# Advice on building in Marina and the Palm



## colly (Dec 15, 2009)

Moving in a few weeks and trying to find a nice apartment in either Marina or probably the Palm. We want somewhere with a spectacular view - so either a full Marina view, or a view of the sea on the Palm. Right now we really like the idea of being right beside the beach. I've seen some stunning places in Oceana which is my current favourite. In Marina I like Cayan Tower and Damac Heights also. Budget 160 max.

Firstly looking for advice on Marina Vs the Palm. I'll be working in Internet City. I hear traffic in Marina is terrible but there is a lot nearby within walking distance.

Looking for recommendations for buildings to look at, I want something modern with a high quality finish - and a good size, at least 1500sqft.

Has anyone here been through similar recently and do you have any advice for me please?


----------



## shaunfella (Jul 1, 2013)

First thought is Shoreline buildings 1 to 10, beach side apartments. Looking onto the beach with view of Burj al Arab.

Marina residences also have nice views over the sea where the boats are moored.

Sent from my SM-G950F using Tapatalk


----------



## colly (Dec 15, 2009)

Thanks, only problem with Shoreline is they are pretty old and the kitchens are horrible! Old brown wood, I hate it, I want something more modern.

Marina residences I have heard good things so I'll take a look. They are expensive however.

Any others?


----------



## shaunfella (Jul 1, 2013)

colly said:


> Thanks, only problem with Shoreline is they are pretty old and the kitchens are horrible! Old brown wood, I hate it, I want something more modern.
> 
> Marina residences I have heard good things so I'll take a look. They are expensive however.
> 
> Any others?


Im in Shoreline now and yes, they are horrible however you can have the kitchen 'wrapped' to your taste. Facilities around Shoreline are decent, Golden Mile, Itihad Park etc.

I also lived in Marina Res. Great big apartments however had many issues with the master bedroom ensuite leaking into the bedroom and causing the wooden flooring to warp. An issue I know is common. 

That's the extents of my Palm experience In afraid!

Sent from my SM-G950F using Tapatalk


----------



## QOFE (Apr 28, 2013)

In case you haven't seen it yet, this website has floor plans for a lot of properties: https://developments.bayut.com/

Cayan apparently has non-conventional layouts. Some might have a larger bedroom than living room which is a in my opinion the wrong way around.
Some Shorelines apartments can be quite dated, it depends much on the landlord and the building maintenance. 

Not sure about Oceana.... (https://www.thenational.ae/uae/envi...h-building-like-it-was-made-of-paper-1.224687)

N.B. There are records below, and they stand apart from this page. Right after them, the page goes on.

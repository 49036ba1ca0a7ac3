-- ===== src/Mdata/AggMetrics.antt =====
-- mdata/aggmetrics.go: the metrics of a node in memory, by organisation and key. The lock makes
-- each part of a method one step. The pointers in the maps are values, so what an operation does to
-- a metric is put back. A loop over a map takes the order of the list. The counters are left out.
-- `none` is a panic.
pub mod Created
use metrictank.Common.{
  ℕ, Bool, true, false, ◌&&◌, ◌%◌, List, [], ◌∷◌, Option, none, some, ◌==◌, if◌then◌else◌, map,
  length,
}
use metrictank.Common.Maps.{get, put, erase}
use metrictank.Common.Words.{u32_mod, sub32}
use metrictank.Conf.Rules.{Aggregations, get_aggregation}
use metrictank.Conf.Schemas.{Schemas, get_schema}
use metrictank.Mdata.World.{Env, World}
use metrictank.Mdata.Float.{FloatOps}
use metrictank.Mdata.AggMetric.{AggMetric, ◌>>=◌}
use metrictank.Mdata.AggMetric.Write
use metrictank.Mdata.Aggregator.{Aggregator, agg_ops}
use metrictank.Mdata.Construct.{new_agg_metric}

-- `MKey` of schema/key.go; the key is any number.
pub record MetricKey : Type 0 where
  pub key : ℕ
  pub org : ℕ

abbrev pub Metric : Type 0
Metric = AggMetric Aggregator

abbrev pub same : ℕ → ℕ → Bool
same a b = a == b

abbrev pub same_mkey : MetricKey → MetricKey → Bool
same_mkey a b = (a.org == b.org) && (a.key == b.key)

-- `AggMetrics`.
pub record AggMetrics : Type 0 where
  pub drop_first_chunk : Bool
  pub ingest_from : List (ℕ × ℕ)
  pub chunk_max_stale : ℕ
  pub metric_max_stale : ℕ
  pub metrics : List (ℕ × List (ℕ × Metric))

-- `NewAggMetrics`.
unfoldable pub new_agg_metrics : Bool → List (ℕ × ℕ) → ℕ → ℕ → AggMetrics
new_agg_metrics drop_first_chunk ingest_from chunk_max_stale metric_max_stale = record {
  drop_first_chunk = drop_first_chunk;
  ingest_from = ingest_from;
  chunk_max_stale = chunk_max_stale;
  metric_max_stale = metric_max_stale;
  metrics = [];
}

-- `ms.Metrics[org]`, a nil map being an empty one.
abbrev pub or_empty : Option (List (ℕ × Metric)) → List (ℕ × Metric)
or_empty none = []
or_empty (some m) = m

abbrev pub of_org : AggMetrics → ℕ → List (ℕ × Metric)
of_org ms org = or_empty (get same org ms.metrics)

-- `Get`.
unfoldable pub find : AggMetrics → MetricKey → Option Metric
find ms k = get same k.key (of_org ms k.org)

-- `ms.Metrics[key.Org][key.Key] = m`, with the map of the organisation made if there is none.
unfoldable pub store : AggMetrics → MetricKey → Metric → AggMetrics
store ms k m = record ms {
  metrics = put same k.org (put same k.key m (of_org ms k.org)) ms.metrics;
}

-- `delete(ms.Metrics[org], key)`.
unfoldable pub delete : AggMetrics → MetricKey → AggMetrics
delete ms k = record ms { metrics = put same k.org (erase same k.key (of_org ms k.org)) ms.metrics }

-- What `GetOrCreate` reads from outside: the configuration, the clock, and the number of a key.
pub record Config : Type 0 where
  pub aggregations : Aggregations
  pub schemas : Schemas
  pub now : ℕ
  pub future_tolerance_ratio : ℕ
  pub number : MetricKey → ℕ
  pub fl : FloatOps

-- The metric that `GetOrCreate` makes.
unfoldable pub make : Config → AggMetrics → MetricKey → ℕ → ℕ → ℕ → Option Metric
make cf ms k schema_id agg_id interval = do
  agg ← get_aggregation cf.aggregations agg_id
  schema ← get_schema cf.schemas schema_id
  new_agg_metric
      (record {
        now = cf.now;
        future_tolerance_ratio = cf.future_tolerance_ratio;
        drop_first_chunk = ms.drop_first_chunk;
        ingest_from = elim (get same k.org ms.ingest_from) [ none ↦ 0 | some t ↦ t ];
      })
      cf.fl (record { mkey = cf.number k; archive = 0 }) schema.retentions schema.reorder_window
      interval agg.aggregation_method schema.reorder_allow_update

-- The part of `GetOrCreate` under the write lock, with what the second look for the metric found.
unfoldable pub create_if :
    Config → AggMetrics → MetricKey → ℕ → ℕ → ℕ → Option Metric → Option (Metric × AggMetrics)
unfolding make store
create_if cf ms k schema_id agg_id interval (some m) = some (m, ms)
create_if cf ms k schema_id agg_id interval none =
    make cf ms k schema_id agg_id interval >>= λ m. some (m, store ms k m)

unfoldable pub create : Config → AggMetrics → MetricKey → ℕ → ℕ → ℕ → Option (Metric × AggMetrics)
unfolding find create_if
create cf ms k schema_id agg_id interval = create_if cf ms k schema_id agg_id interval (find ms k)

-- `GetOrCreate`, not interrupted between its two parts, with what the first look found.
unfoldable pub get_or_create_if :
    Config → AggMetrics → MetricKey → ℕ → ℕ → ℕ → Option Metric → Option (Metric × AggMetrics)
unfolding create
get_or_create_if cf ms k schema_id agg_id interval (some m) = some (m, ms)
get_or_create_if cf ms k schema_id agg_id interval none = create cf ms k schema_id agg_id interval

unfoldable pub get_or_create :
    Config → AggMetrics → MetricKey → ℕ → ℕ → ℕ → Option (Metric × AggMetrics)
unfolding find get_or_create_if
get_or_create cf ms k schema_id agg_id interval =
    get_or_create_if cf ms k schema_id agg_id interval (find ms k)

module _ (fl : FloatOps) (env : Env) where
  -- A round of the inner loop of `GC`.
  unfoldable pub gc_metric :
      AggMetrics → MetricKey → ℕ → ℕ → ℕ → World → Option (AggMetrics × World)
  unfolding find store delete
  gc_metric ms k now chunk_min_ts metric_min_ts w = do
    a ← find ms k
    (a', points, stale, w') ← Write.gc (agg_ops fl) env a now chunk_min_ts metric_min_ts w
    if stale then some (delete ms k, w') else some (store ms k a', w')

  unfoldable pub gc_keys : AggMetrics → ℕ → List ℕ → ℕ → ℕ → ℕ → World → Option (AggMetrics × World)
  unfolding gc_metric
  gc_keys ms org [] now chunk_min_ts metric_min_ts w = some (ms, w)
  gc_keys ms org (key ∷ keys) now chunk_min_ts metric_min_ts w = do
    (ms', w') ← gc_metric ms (record { key = key; org = org }) now chunk_min_ts metric_min_ts w
    gc_keys ms' org keys now chunk_min_ts metric_min_ts w'

  -- An organisation without metrics is deleted.
  unfoldable pub drop_empty : AggMetrics → ℕ → AggMetrics
  drop_empty ms org =
      if length (of_org ms org) == 0 then record ms { metrics = erase same org ms.metrics } else ms

  -- The outer loop of `GC`.
  unfoldable pub gc_orgs : AggMetrics → List ℕ → ℕ → ℕ → ℕ → World → Option (AggMetrics × World)
  unfolding gc_keys drop_empty
  gc_orgs ms [] now chunk_min_ts metric_min_ts w = some (ms, w)
  gc_orgs ms (org ∷ orgs) now chunk_min_ts metric_min_ts w = do
    let keys = map (λ (e : ℕ × Metric). e.0) (of_org ms org)
    (ms', w') ← gc_keys ms org keys now chunk_min_ts metric_min_ts w
    gc_orgs (drop_empty ms' org) orgs now chunk_min_ts metric_min_ts w'

  -- One round of `GC`.
  unfoldable pub gc : AggMetrics → World → Option (AggMetrics × World)
  unfolding gc_orgs
  gc ms w =
      let now = env.now % u32_mod in
      gc_orgs ms (map (λ (e : ℕ × List (ℕ × Metric)). e.0) ms.metrics) now
        (sub32 now ms.chunk_max_stale) (sub32 now ms.metric_max_stale) w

I wouldn't personally go for the Palm if you're after a 2 bedroom apartment. A 2bed comes with one parking space only. In the Marina you can get away with no car or just one car. 

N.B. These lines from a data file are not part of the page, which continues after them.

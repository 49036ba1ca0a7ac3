-- ===== src/Mdata/AggMetrics/Created.antt =====
-- `GetOrCreate` and `GC` of mdata/aggmetrics.go as changes of a map from keys to metrics.
use metrictank.Common.{
  ℕ, ◌≡◌, refl, sym, ap, ◌∙◌, Bool, true, false, ◌&&◌, List, Option, none, some, ◌==◌,
  if◌then◌else◌, inl, inr, Bool-cases, ==_iff, and_true, ap₂,
}
use metrictank.Common.Maps.{get, put, erase, get-put, get-erase}
use metrictank.Mdata.World.{Env, World}
use metrictank.Mdata.Float.{FloatOps}
use metrictank.Mdata.AggMetric.{◌>>=◌}
use metrictank.Mdata.AggMetric.Write
use metrictank.Mdata.Aggregator.{agg_ops}
use metrictank.Mdata.AggMetrics.{
  MetricKey, Metric, AggMetrics, Config, same, same_mkey, or_empty, of_org, find, store, delete,
  make, create, create_if, get_or_create, get_or_create_if, gc_metric,
}

get-or_empty :
    (k : ℕ) (b : Bool) (inner : List (ℕ × Metric)) (o : Option (List (ℕ × Metric)))
    → get same k (or_empty (if b then some inner else o))
      ≡ (if b then get same k inner else get same k (or_empty o))
get-or_empty k true inner o = refl
get-or_empty k false inner o = refl

-- The map of one organisation replaced by another.
find-put :
    (ms : AggMetrics) (k : MetricKey) (inner : List (ℕ × Metric)) (j : MetricKey)
    → find (record ms { metrics = put same k.org inner ms.metrics }) j
      ≡ (if k.org == j.org then get same j.key inner else find ms j)
unfolding find
find-put ms k inner j =
    ap (λ o. get same j.key (or_empty o)) (get-put same ==_iff j.org k.org inner ms.metrics)
    ∙ get-or_empty j.key (k.org == j.org) inner (get same j.org ms.metrics)

-- A choice by organisation and then by key is one by both.
by_both :
    (b c : Bool) (found new other old : Option Metric)
    → found ≡ (if c then new else other)
    → (b ≡ true → other ≡ old)
    → (if b then found else old) ≡ (if b && c then new else old)
by_both false c found new other old e f = refl
by_both true true found new other old e f = e
by_both true false found new other old e f = e ∙ f refl

same_org :
    (ms : AggMetrics) (k j : MetricKey)
    → (k.org == j.org) ≡ true
    → get same j.key (of_org ms k.org) ≡ find ms j
unfolding find
same_org ms k j e = ap (λ org. get same j.key (of_org ms org)) ((==_iff k.org j.org).0 e)

find-store :
    (ms : AggMetrics) (k : MetricKey) (m : Metric) (j : MetricKey)
    → find (store ms k m) j ≡ (if same_mkey k j then some m else find ms j)
unfolding store
find-store ms k m j =
    find-put ms k (put same k.key m (of_org ms k.org)) j
    ∙ by_both (k.org == j.org) (k.key == j.key)
        (get same j.key (put same k.key m (of_org ms k.org))) (some m)
        (get same j.key (of_org ms k.org)) (find ms j)
        (get-put same ==_iff j.key k.key m (of_org ms k.org)) (same_org ms k j)

find-delete :
    (ms : AggMetrics) (k j : MetricKey)
    → find (delete ms k) j ≡ (if same_mkey k j then none else find ms j)
unfolding delete
find-delete ms k j =
    find-put ms k (erase same k.key (of_org ms k.org)) j
    ∙ by_both (k.org == j.org) (k.key == j.key)
        (get same j.key (erase same k.key (of_org ms k.org))) none
        (get same j.key (of_org ms k.org)) (find ms j)
        (get-erase same ==_iff j.key k.key (of_org ms k.org)) (same_org ms k j)

-- The metric that is there already, if there is one.
abbrev pub old_or : Option Metric → Metric → Metric
old_or none new = new
old_or (some m) new = m

same_mkey_eq : (k j : MetricKey) → same_mkey k j ≡ true → k ≡ j
same_mkey_eq k j e =
    let (o, i) = (and_true (k.org == j.org) (k.key == j.key)).0 e in
    let build = λ (x y : ℕ). (let k : MetricKey = record { key = x; org = y } in k) in
    ap₂ build ((==_iff k.key j.key).0 i) ((==_iff k.org j.org).0 o)

find-same : (ms : AggMetrics) (k j : MetricKey) → same_mkey k j ≡ true → find ms j ≡ find ms k
find-same ms k j e = ap (λ i. find ms i) (sym (same_mkey_eq k j e))

find_unchanged :
    (ms : AggMetrics) (k j : MetricKey) (m : Metric)
    → find ms k ≡ some m
    → find ms j ≡ (if same_mkey k j then some m else find ms j)
find_unchanged ms k j m e = elim (Bool-cases (same_mkey k j)) [
  | inl s ↦ rw s (find-same ms k j s ∙ e)
  | inr d ↦ rw d refl
]

create-again :
    (cf : Config) (ms : AggMetrics) (k : MetricKey) (m : Metric) (schema_id agg_id interval : ℕ)
    → find ms k ≡ some m
    → create cf ms k schema_id agg_id interval ≡ some (m, ms)
unfolding create create_if
create-again cf ms k m schema_id agg_id interval e =
    ap (λ o. create_if cf ms k schema_id agg_id interval o) e

same_mkey_refl : (k : MetricKey) → same_mkey k k ≡ true
same_mkey_refl k = rw ((==_iff k.org k.org).1 refl, (==_iff k.key k.key).1 refl) refl

-- What `GetOrCreate` leaves: its result, the lookup of `j` after it, and what another caller gets
-- that looked for `k` before and takes the write lock after.
abbrev pub Created :
    Config
    → AggMetrics
    → MetricKey
    → Option (Metric × AggMetrics)
    → Metric
    → MetricKey
    → ℕ
    → ℕ
    → ℕ
    → Type 0
Created cf ms k result m j schema_id agg_id interval =
    (ms' : AggMetrics) × (result ≡ some (m, ms'))
    × (find ms' j ≡ (if same_mkey k j then some m else find ms j))
    × (create cf ms' k schema_id agg_id interval ≡ some (m, ms'))

module _ (cf : Config) (ms : AggMetrics) (k : MetricKey) (schema_id agg_id interval : ℕ)
    (new : Metric) (made : make cf ms k schema_id agg_id interval ≡ some new) where
  was_there :
      (m : Metric) (j : MetricKey) (schema_id' agg_id' interval' : ℕ)
      → find ms k ≡ some m
      → Created cf ms k
          (get_or_create cf ms k schema_id agg_id interval)
          m
          j
          schema_id'
          agg_id'
          interval'
  unfolding get_or_create get_or_create_if
  was_there m j schema_id' agg_id' interval' e = (
    ms,
    ap (λ o. get_or_create_if cf ms k schema_id agg_id interval o) e,
    find_unchanged ms k j m e,
    create-again cf ms k m schema_id' agg_id' interval' e,
  )

  was_new :
      (j : MetricKey) (schema_id' agg_id' interval' : ℕ)
      → find ms k ≡ none
      → Created cf ms k
          (get_or_create cf ms k schema_id agg_id interval)
          new
          j
          schema_id'
          agg_id'
          interval'
  unfolding get_or_create get_or_create_if create create_if
  was_new j schema_id' agg_id' interval' e = (
    store ms k new,
    ap (λ o. get_or_create_if cf ms k schema_id agg_id interval o) e
        ∙ ap (λ o. create_if cf ms k schema_id agg_id interval o) e
        ∙ ap (λ o. o >>= λ m. some (m, store ms k m)) made,
    find-store ms k new j,
    create-again cf (store ms k new) k new schema_id' agg_id' interval'
        (find-store ms k new k ∙ rw (same_mkey_refl k) refl),
  )

  -- Where the metric of the key can be made, `GetOrCreate` returns the metric that is there, else the
  -- new one. A lookup then finds it under its key and what was there under any other; and a caller
  -- that takes the write lock only now, for the same key, gets the same metric and changes nothing.
  pub get_or_create-Created :
      (j : MetricKey) (schema_id' agg_id' interval' : ℕ)
      → Created cf ms k
          (get_or_create cf ms k schema_id agg_id interval)
          (old_or (find ms k) new)
          j
          schema_id'
          agg_id'
          interval'
  get_or_create-Created j schema_id' agg_id' interval' = by_old (find ms k) refl
    where
      by_old :
          (o : Option Metric)
          → find ms k ≡ o
          → Created cf ms k
              (get_or_create cf ms k schema_id agg_id interval)
              (old_or o new)
              j
              schema_id'
              agg_id'
              interval'
      by_old none e = was_new j schema_id' agg_id' interval' e
      by_old (some m) e = was_there m j schema_id' agg_id' interval' e

-- A round of the loop of `GC` over the metrics, for a metric that is there and whose own `GC`
-- returns: the lookup of its key finds nothing behind it if it is stale, and what `GC` made of it
-- otherwise; that of any other key finds what it found before.
pub gc_metric-find :
    (fl : FloatOps) (env : Env) (ms : AggMetrics) (k : MetricKey)
    (now chunk_min_ts metric_min_ts : ℕ) (w w' : World) (a a' : Metric) (points : ℕ) (stale : Bool)
    (j : MetricKey)
    → find ms k ≡ some a
    → Write.gc (agg_ops fl) env a now chunk_min_ts metric_min_ts w ≡ some (a', points, stale, w')
    → (ms' : AggMetrics) × (gc_metric fl env ms k now chunk_min_ts metric_min_ts w ≡ some (ms', w'))
      × (find ms' j ≡ (if same_mkey k j then (if stale then none else some a') else find ms j))
unfolding gc_metric
gc_metric-find fl env ms k now chunk_min_ts metric_min_ts w w' a a' points true j e f =
    (delete ms k, rw (e, f) refl, find-delete ms k j)
gc_metric-find fl env ms k now chunk_min_ts metric_min_ts w w' a a' points false j e f =
    (store ms k a', rw (e, f) refl, find-store ms k a' j)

Have you checked out the "original six" in Marina (Dubai Marina Towers...)? Marina Arcade has new (it's about two years since it was completed) and fresh looking apartments. I really liked the look of them.


----------



## twowheelsgood (Feb 21, 2013)

shaunfella said:


> Great big apartments however had many issues with the master bedroom ensuite leaking into the bedroom and causing the wooden flooring to warp. An issue I know is common.


Spot on - and having a crook for a landlord blaming the tenant for it is all too common. There are lots of landlords who bought early and are still unwiling to behave sensibly. Its a pity as I lived in there for a few years and enjoyed everything about it until th Nakheel Mall construction started, so wouldn't go back.The actual source was the shower drain which was too small and the water backed up behind the wall and the pipe joints gave way.

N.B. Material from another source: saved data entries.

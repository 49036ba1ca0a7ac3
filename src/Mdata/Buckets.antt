-- ===== src/Mdata/Buckets.antt =====
-- The statistics of a bucket (mdata/aggregation.go) as folds over its values.
use metrictank.Common.{ℕ, suc, ◌+◌, ◌≡◌, refl, ap, ◌∙◌, List, [], ◌∷◌, length, arith}
use metrictank.Mdata.Float.{FloatOps, count}
use metrictank.Mdata.Aggregation.{Aggregation, add, reset}

-- The last value, `d` if there is none.
abbrev pub last_or : ℕ → List ℕ → ℕ
last_or d [] = d
last_or d (v ∷ vs) = last_or v vs

abbrev pub fold_left : (ℕ → ℕ → ℕ) → ℕ → List ℕ → ℕ
fold_left f x [] = x
fold_left f x (v ∷ vs) = fold_left f (f x v) vs

module _ (fl : FloatOps) where
  -- One value after the other into an aggregation.
  abbrev pub add_values : Aggregation → List ℕ → Aggregation
  add_values a [] = a
  add_values a (v ∷ vs) = add_values (add fl a v) vs

  -- The statistics of a bucket that has had some values and `lst` before them.
  pub record Statistics (lst : ℕ) (b : Aggregation) (vs : List ℕ) : Type 0 where
    pub min_lem : b.min ≡ fold_left (λ m v. fl.f_min v m) fl.max_float vs
    pub max_lem : b.max ≡ fold_left (λ m v. fl.f_max v m) fl.neg_max_float vs
    pub sum_lem : b.sum ≡ fold_left fl.f_add fl.f_zero vs
    pub cnt_lem : b.cnt ≡ count fl (length vs)
    pub lst_lem : b.lst ≡ last_or lst vs

  -- The statistics after some values, from those before.
  record Folds (a b : Aggregation) (vs : List ℕ) : Type 0 where
    min_lem : b.min ≡ fold_left (λ m v. fl.f_min v m) a.min vs
    max_lem : b.max ≡ fold_left (λ m v. fl.f_max v m) a.max vs
    sum_lem : b.sum ≡ fold_left fl.f_add a.sum vs
    lst_lem : b.lst ≡ last_or a.lst vs

  add_values-Folds : (a : Aggregation) (vs : List ℕ) → Folds a (add_values a vs) vs
  unfolding add
  add_values-Folds a [] = record { min_lem = refl; max_lem = refl; sum_lem = refl; lst_lem = refl }
  add_values-Folds a (v ∷ vs) =
      let f = add_values-Folds (add fl a v) vs in
      record { min_lem = f.min_lem; max_lem = f.max_lem; sum_lem = f.sum_lem; lst_lem = f.lst_lem }

  add_values-count :
      (a : Aggregation) (n : ℕ) (vs : List ℕ)
      → a.cnt ≡ count fl n
      → (add_values a vs).cnt ≡ count fl (n + length vs)
  unfolding add
  add_values-count a n [] e = e ∙ ap (count fl) {x = n} {y = n + 0} (omega arith)
  add_values-count a n (v ∷ vs) e =
      add_values-count (add fl a v) (suc n) vs (ap (λ c. fl.f_add c fl.f_one) e)
      ∙ ap (count fl) {x = suc n + length vs} {y = n + suc (length vs)} (omega arith)

-- After `Reset`, whatever was there before, and one `Add` for each of some values: the minimum is that
-- of the values and the largest float, the maximum that of the values and its negative, the sum starts
-- at 0, and the count is 1 for each value, all taken in the order of the values; the last value is
-- that of the list, or the one before `Reset` if the list is empty.
pub add_values-reset :
    (fl : FloatOps) (a : Aggregation) (vs : List ℕ)
    → Statistics fl a.lst (add_values fl (reset fl a) vs) vs
unfolding reset
add_values-reset fl a vs =
    let f = add_values-Folds fl (reset fl a) vs in
    record {
      min_lem = f.min_lem;
      max_lem = f.max_lem;
      sum_lem = f.sum_lem;
      cnt_lem =
          add_values-count fl (reset fl a) 0 vs refl
          ∙ ap (count fl) {x = 0 + length vs} {y = length vs} (omega arith);
      lst_lem = f.lst_lem;
    }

The issue with the Shoreline is as you've said - plus the electrics are poor, the sound insulation is non-existent and there was a huge dispute with beach access which I don't know if its resolved but tenants were locked out for a very long time due to a dispute between Nakheel and the landlords. 

We enjoyed our time there but wouldnt go back until the construction finishes and the apartment would need to have the kitchen stripped out and the wooden floor removed.


----------



## XDoodlebugger (Jan 24, 2012)

colly said:


> ......
> 
> Looking for recommendations for buildings to look at, I want something modern with a high quality finish - and a good size, at least 1500sqft.
> 
> Has anyone here been through similar recently and do you have any advice for me please?


I live in the Marina Arcade and the finishing is great, the view is good as well with a view of the Palm and Downtown (when there isn't haze). The view was a lot better at the Torch Tower but #1 the fire made me move #2 they built the Marina Gate right in from of my spectacular view. I would go look at those as well if I was you. 

The Cayan does have a bit of a strange layout and we didn't really like it although the views were good and finishing fine. I was looking at the Damac Heights building as I like the large balconies but have never been in it. 

Don't worry about the traffic if you live on the north side of the Marina and work in Internet City, it's easy to navigate.


----------



## Reflexx (Jan 31, 2016)

I can recommend Marina promenade, Aurora, Beauport, Paloma towers, the view used to be amazing before but now they are building a new tower opposite side in place of yacht club. It's the only negative point.
Also you can consider these buildings :
- Iris blue
- Emaar 6
- JAM Marina Residence


----------